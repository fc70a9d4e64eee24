-- ===== src/Mm/Layout/Moves.antt =====
-- `insert_block_LIFO` and `fix_free_list` on the blocks of the heap.
use computer_systems_project.Base.{
  ℕ, suc, ◌+◌, ◌<◌, ◌≡◌, ◌≢◌, refl, sym, ap, subst, ◌∙◌, ◌⊎◌, inl, inr, Bool, true, false, not,
  ◌==◌, if◌then◌else◌, Bool-cases, List, ◌∷◌, ◌++◌, length, length-append, ==→eq, arith,
}
use computer_systems_project.Mm.{min_block_size, find_seg_list_class, get_size}
use computer_systems_project.Mm.Classes.{class_range, class_first}
use computer_systems_project.Mm.Lists.{Heap, insert_block_lifo, fix_free_list}
use computer_systems_project.Mm.Lists.Chain.{head_of, Distinct, Chain, Linked}
use computer_systems_project.Mm.Lists.Insert.{insert_block_lifo-Linked}
use computer_systems_project.Mm.Lists.Remove.{Unlinked, fix_free_list-Unlinked}
use computer_systems_project.Mm.Lists.Unlink.{fix_free_list_large-Unlinked}
use computer_systems_project.Mm.Lists.Only.{
  Outside, insert_block_lifo-only, fix_small-only, fix_large-only,
}
use computer_systems_project.Mm.Layout.{Block, end_of, At, In, count_listed, Sound}
use computer_systems_project.Mm.Layout.Blocks.{HoldsAt, At-HoldsAt, At-middle}
use computer_systems_project.Mm.Layout.Members.{
  In-parts, In-drop, In-keep, NotIn-of, Distinct-drop, Distinct-other, length-le_total, update,
}
use computer_systems_project.Mm.Layout.Frame.{UsedAt, Untouched}
use computer_systems_project.Mm.Layout.Relist.{At-unique, relist-Sound, relist-used}

-- The heap after a change of its blocks from `old` to `new`; what is in allocated blocks is kept.
pub record Moved (h h' : Heap) (p : ℕ) (old new : List Block) : Type 0 where
  pub lists : ℕ → List ℕ
  pub sound : Sound h' p new lists
  pub used : (y : ℕ) → UsedAt p old y → h'.mem y ≡ h.mem y

abbrev pub relisted : Block → Bool → Block
relisted b l = record b { listed = l }

module _ (h : Heap) (p : ℕ) (front rest : List Block) (b : Block) (lists : ℕ → List ℕ)
    (s : Sound h p (front ++ b ∷ rest) lists) (free : b.alloc ≡ false) where
  abbrev q : ℕ
  q = end_of p front

  abbrev c : ℕ
  c = find_seg_list_class b.size

  abbrev old : List Block
  old = front ++ b ∷ rest

  here : HoldsAt h.mem q b
  here = At-HoldsAt h.mem p false true old q b s.start s.part (At-middle p front rest b)

  pub size_here : get_size h.mem q ≡ b.size
  unfolding get_size
  size_here = here.holds.header.size_is

  same_test : (c == 0) ≡ (b.size == min_block_size)
  same_test = class_first b.size here.holds.least

  Linked-here : Linked b.size h (lists c)
  Linked-here = (
    s.first c (class_range b.size),
    subst (λ t. Chain h.mem (not t) 0 (lists c)) same_test (s.chain c (class_range b.size)),
  )

  -- A member of the list with another flag would be a second block at the address.
  not_member : b.listed ≡ false → (x : ℕ) → In x (lists c) → x ≢ q
  not_member off x i e =
      let (a, at, on, _) = s.in_block c x (class_range b.size) i in
      let at' = subst (λ y. At p old y a) e at in
      let least = (At-HoldsAt h.mem p false true old q a s.start s.part at').holds.least in
      let same = At-unique p old q a b least here.holds.least at' (At-middle p front rest b) in
      let t : b.listed ≡ true = ap (λ (t : Block). t.listed) (sym same) ∙ on in cc

  pub insert-Moved :
      b.listed ≡ false → Moved h (insert_block_lifo q h) p old (front ++ relisted b true ∷ rest)
  insert-Moved off =
      let h' = insert_block_lifo q h in
      let away = NotIn-of q (lists c) (not_member off) in
      let d = s.distinct c (class_range b.size) in
      let l =
        insert_block_lifo-Linked h q (lists c) here.residue away d
          (subst (λ n. Linked n h (lists c)) (sym size_here) Linked-here) in
      let l' = subst (λ n. Linked n h' (q ∷ lists c)) size_here l.0 in
      let others =
        subst (λ n. (k : ℕ) → k ≢ find_seg_list_class n → h'.seg_list k ≡ h.seg_list k) size_here
          l.1 in
      let chain = subst (λ t. Chain h'.mem (not t) 0 (q ∷ lists c)) (sym same_test) l'.1 in
      let only = λ (x : ℕ) (out : Untouched (not (c == 0)) (λ t. (t ≡ q) ⊎ In t (lists c)) x).
        insert_block_lifo-only h q (lists c) x
          (subst (λ n. h.seg_list (find_seg_list_class n) ≡ head_of (lists c)) (sym size_here)
            Linked-here.0)
          (subst (λ n. Outside (not (n == min_block_size)) q (lists c) x) (sym size_here)
            (subst (λ t. Outside (not t) q (lists c) x) same_test out)) in
      let old_or_new = λ (x : ℕ) (i : In x (q ∷ lists c)). in_new off x i in
      record {
        lists = update lists c (q ∷ lists c);
        sound =
            relist-Sound h h' p front rest b lists s free true (q ∷ lists c) old_or_new
              (λ x i other. inr i) (λ e. inl refl) (count_new off) l'.0 others chain (away, d) only;
        used =
            relist-used h h' p front rest b lists s free true (q ∷ lists c) old_or_new
              (λ x i other. inr i) (λ e. inl refl) (count_new off) l'.0 others chain (away, d) only;
      }
    where
      in_new :
          b.listed ≡ false
          → (x : ℕ) → In x (q ∷ lists c)
          → ((x ≢ q) × In x (lists c)) ⊎ ((x ≡ q) × (◌≡◌ {A = Bool} true true))
      in_new off x (inl e) = inr (e, refl)
      in_new off x (inr i) = inl (not_member off x i, i)

      count_new :
          b.listed ≡ false
          → length (q ∷ lists c) + (if b.listed then 1 else 0) ≡ length (lists c) + 1
      count_new off = rw off (omega arith)

  removed :
      (fuel : ℕ) (f r : List ℕ)
      → suc (length f + length r) < fuel
      → Distinct (f ++ q ∷ r)
      → Linked b.size h (f ++ q ∷ r)
      → Unlinked b.size h (fix_free_list fuel q h) (f ++ r)
        × ((x : ℕ)
            → Untouched (not (c == 0)) (λ t. (t ≡ q) ⊎ In t (f ++ q ∷ r)) x
            → (fix_free_list fuel q h).mem x ≡ h.mem x)
  removed fuel f r enough d l = elim (Bool-cases (b.size == min_block_size)) [
    | inl small ↦
        let e : b.size ≡ min_block_size = ==→eq b.size min_block_size small in
        let sz = size_here ∙ e in
        let l16 = subst (λ n. Linked n h (f ++ q ∷ r)) e l in
        (
          subst (λ n. Unlinked n h (fix_free_list fuel q h) (f ++ r)) (sym e)
              (fix_free_list-Unlinked h fuel q f r sz enough d l16),
          (λ x out.
              fix_small-only h fuel q f r x sz (omega (arith, enough)) d l16
                (subst (λ t. Outside (not t) q (f ++ q ∷ r) x) (same_test ∙ small) out)),
        )
    | inr large ↦
        let big : (get_size h.mem q == min_block_size) ≡ false =
          subst (λ n. (n == min_block_size) ≡ false) (sym size_here) large in
        let ls = subst (λ n. Linked n h (f ++ q ∷ r)) (sym size_here) l in
        (
          subst (λ n. Unlinked n h (fix_free_list fuel q h) (f ++ r)) size_here
              (fix_free_list_large-Unlinked h fuel q f r big d ls),
          (λ x out.
              fix_large-only h fuel q f r x big ls
                (subst (λ t. Outside (not t) q (f ++ q ∷ r) x) (same_test ∙ large) out)),
        )
  ]

  pub fix-Moved :
      (fuel : ℕ)
      → count_listed old < fuel
      → b.listed ≡ true
      → Moved h (fix_free_list fuel q h) p old (front ++ relisted b false ∷ rest)
  fix-Moved fuel enough on =
      let h' = fix_free_list fuel q h in
      let (f, r, e) = In-parts q (lists c) (s.in_list q b (At-middle p front rest b) on) in
      let d = subst (λ t. Distinct t) e (s.distinct c (class_range b.size)) in
      let size_of : length (lists c) ≡ suc (length f + length r) =
        ap (length {0}) e ∙ length-append f (q ∷ r) ∙ omega arith in
      let short = length-le_total 14 lists c (class_range b.size) in
      let m =
        removed fuel f r (omega (arith, size_of, short, s.counted, enough)) d
          (subst (λ t. Linked b.size h t) e Linked-here) in
      let chain = subst (λ t. Chain h'.mem (not t) 0 (f ++ r)) (sym same_test) m.0.0.1 in
      let only = λ (x : ℕ) (out : Untouched (not (c == 0)) (λ t. (t ≡ q) ⊎ In t (lists c)) x).
        m.1 x (subst (λ l. Untouched (not (c == 0)) (λ t. (t ≡ q) ⊎ In t l) x) e out) in
      let old_or_new = λ (x : ℕ) (i : In x (f ++ r)). in_old f r e d x i in
      let kept = λ (x : ℕ) (i : In x (lists c)) (other : x ≢ q).
        In-keep x q f r other (subst (λ t. In x t) e i) in
      let amount = count_old f r size_of on in
      record {
        lists = update lists c (f ++ r);
        sound =
            relist-Sound h h' p front rest b lists s free false (f ++ r) old_or_new kept (λ t. cc)
              amount m.0.0.0 m.0.1 chain (Distinct-drop q f r d) only;
        used =
            relist-used h h' p front rest b lists s free false (f ++ r) old_or_new kept (λ t. cc)
              amount m.0.0.0 m.0.1 chain (Distinct-drop q f r d) only;
      }
    where
      in_old :
          (f r : List ℕ)
          → lists c ≡ f ++ q ∷ r
          → Distinct (f ++ q ∷ r)
          → (x : ℕ) → In x (f ++ r)
          → ((x ≢ q) × In x (lists c)) ⊎ ((x ≡ q) × (false ≡ true))
      in_old f r e d x i =
          inl (Distinct-other x q f r d i, subst (λ t. In x t) (sym e) (In-drop x q f r i))

      count_old :
          (f r : List ℕ)
          → length (lists c) ≡ suc (length f + length r)
          → b.listed ≡ true
          → length (f ++ r) + (if b.listed then 1 else 0) ≡ length (lists c) + 0
      count_old f r n on = rw on (omega (arith, n, length-append f r))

■ **WHAT NEEDS TO BE DONE**
Locate the word "removed" in the entries, and copy every line where it is found.

■ **COMPLETED EXERCISE**
  removed :
  removed fuel f r enough d l = elim (Bool-cases (b.size == min_block_size)) [
        removed fuel f r (omega (arith, size_of, short, s.counted, enough)) d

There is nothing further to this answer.